# Becky's Violin



## becky

Here's a pic of my violin. She was made in 1907, I think I should have a party for her in 2 1/2 years. She has HOPF stamped on the back by the neck and has a nice mother-of-pearl in-laid tailpiece. She has a good quality sound and was a deal for the price (when I got her appraised 12 years ago, she was valued at twice the money I bought and repaired her for.) I say she, because she is a distinctly feminine violin  I should get her reappraised sometime ... when I get around to it  She probably is all the violin I will ever need, but who knows what the future has in store? 

P.S. Her name is Rosy


----------



## Nox

...lovely...and great picture too!...


----------



## baroque flute

Thanks for sharing the picture. It's a nice violin and a nice name.  What kind of sound does it have?


----------



## baroque flute

Wow, that violin is old!! BUt I guess it is a great deal newer than a Stradivardius! Don't violins increase in value when they get older, if kept in good condition?


----------



## Daniel

Yes, baroque, actually i would prefer old violins much more than new built ones. New ones feel a bit cold sometimes and need years to development a strong convincable sounding.

Rosy is really charming :wub:.


----------



## becky

> _Originally posted by baroque flute_@Aug 7 2004, 12:02 AM
> *Thanks for sharing the picture. It's a nice violin and a nice name.  What kind of sound does it have?
> [snapback]1330[/snapback]​*


Her sound is rather deep from what I can tell. The sound also carries very well. I don't know the correct words to describe her sound, though. All recordings that I've done do not do her justice, so it would be hard to pick the sound from one of my recordings. I'm new to recording on the computer so I've only been using my cheap-o microphone and Windows programs!


----------



## oistrach13

she's wonderful .

thanks for sharing. a small question, do you know where it came from? looks a bit german to me. (of course I wouldn't know, I'm an idiot when it comes to these things)


----------



## becky

> _Originally posted by oistrach13_@Aug 26 2004, 03:22 PM
> *she's wonderful .
> 
> thanks for sharing. a small question, do you know where it came from? looks a bit german to me. (of course I wouldn't know, I'm an idiot when it comes to these things)
> [snapback]1641[/snapback]​*


Yep, it's a German instrument, which is great since I'm half German!

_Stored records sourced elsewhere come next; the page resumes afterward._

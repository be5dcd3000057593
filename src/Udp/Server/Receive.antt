-- ===== src/Udp/Server/Receive.antt =====
-- `handleReceivedPacket`, `handleAck` and `sendAck` of src/network/reliable_udp.cpp.
use zero_latency_yolo.Base.{
  ℕ, ◌+◌, List, [], ◌∷◌, ◌++◌, none, some, length, ltb, ◌==◌, not, if◌then◌else◌, u64, sub64,
}
use zero_latency_yolo.Base.Table.{lookup, insert, erase}
use zero_latency_yolo.Protocol.{Abi, header_size}
use zero_latency_yolo.Protocol.Serialize.{header_bytes, checksum_of}
use zero_latency_yolo.Protocol.Deserialize.{PacketHeader, read_header, recomputed, is_valid_header}
use zero_latency_yolo.Udp.{ReliableUdpConfig, Address, ClientConnection}
use zero_latency_yolo.Udp.Connection.{update_rtt, increase_congestion_window}
use zero_latency_yolo.Udp.Server.{
  ReliableUdpServer, Effect, datagram, packet_received, handled, count_sent, client_at,
}

-- What an acknowledgement does to the client that it names.
unfoldable pub acknowledge : ReliableUdpConfig → ClientConnection → ℕ → ℕ → ClientConnection
acknowledge config c sequence now = elim (lookup sequence c.unacked_packets) [
  | none ↦ c
  | some packet ↦
      let measured = update_rtt c (sub64 now packet.timestamp) in
      let widened =
        if config.congestion_control_enabled
        then increase_congestion_window measured
        else measured in
      record widened { unacked_packets = erase sequence c.unacked_packets }
]

-- `handleAck`.
unfoldable pub handle_ack : ReliableUdpServer → ℕ → ℕ → ℕ → ReliableUdpServer
handle_ack s sequence id now = elim (lookup id s.clients) [
  | none ↦ s
  | some c ↦ record s { clients = insert id (acknowledge s.config c sequence now) s.clients }
]

-- The header that `sendAck` sends.
unfoldable pub ack_bytes : Abi → ℕ → ℕ → List ℕ
ack_bytes abi sequence now =
    header_bytes abi.ack 0 sequence now (checksum_of (header_bytes abi.ack 0 sequence now 0))

-- `sendAck`; what `sendto` returns is not looked at.
unfoldable pub send_ack :
    Abi → ReliableUdpServer → ℕ → Address → ℕ → ReliableUdpServer × List Effect
send_ack abi s sequence a now = (
  record s { stats = count_sent s.stats header_size },
  datagram a (ack_bytes abi sequence now) ∷ [],
)

-- The client with the sender's address, with its time of activity renewed.
unfoldable pub touch : ReliableUdpServer → Address → ℕ → ReliableUdpServer × ℕ
touch s a now = elim (client_at a s.clients) [
  | none ↦ (s, 0)
  | some (id, c) ↦
      (record s { clients = insert id (record c { last_active_time = now }) s.clients }, id)
]

-- A valid packet: acknowledgements are taken, all others are acknowledged and handed on.
unfoldable pub dispatch :
    Abi → ReliableUdpServer → PacketHeader → List ℕ → Address → ℕ → ReliableUdpServer × List Effect
dispatch abi s h bytes a now =
    let (s₁, id) = touch s a now in
    if h.type == abi.ack
    then (if ltb 0 id then handle_ack s₁ h.sequence id now else s₁, [])
    else let (s₂, acked) = send_ack abi s₁ h.sequence a now in
      let handed = if s.has_handler then handled bytes a ∷ [] else [] in
      let event = if ltb 0 id then packet_received id h.sequence h.type ∷ [] else [] in
      (s₂, acked ++ (handed ++ event))

-- `handleReceivedPacket`; the last alternative is a read past the end, which the first test excludes.
unfoldable pub handle_received_packet :
    Abi → ReliableUdpServer → List ℕ → Address → ℕ → ReliableUdpServer × List Effect
handle_received_packet abi s bytes a now =
    if ltb (length bytes) header_size then (s, []) else elim (read_header bytes) [
      | some (h, body) ↦
          if not (is_valid_header h)
          then (s, [])
          else if not (header_size + h.size == length bytes)
          then (s, [])
          else if not (recomputed bytes == h.checksum)
          then (s, [])
          else dispatch abi s h bytes a now
      | none ↦ (s, [])
    ]

-- One successful `recvfrom` of the receive thread.
unfoldable pub receive_datagram :
    Abi → ReliableUdpServer → List ℕ → Address → ℕ → ReliableUdpServer × List Effect
receive_datagram abi s bytes a now =
    handle_received_packet abi
      (record s {
        stats = record (s.stats) {
          packets_received = u64 (s.stats.packets_received + 1);
          bytes_received = u64 (s.stats.bytes_received + length bytes);
        };
      })
      bytes a now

My instrument and I have similar roots :wub:

That probably sounded corny! :lol:


----------



## Daniel

You are half German? That's great


----------



## oistrach13

that is nice .

I suppose it has a high arching? I can't tell from the picture.

why don't instruments with high arching increase in value as much as flatter ones 

I hear that high arched violas sound a bit nasal, and thus less desirable. would that have anything to do with high arched violins :mellow:


----------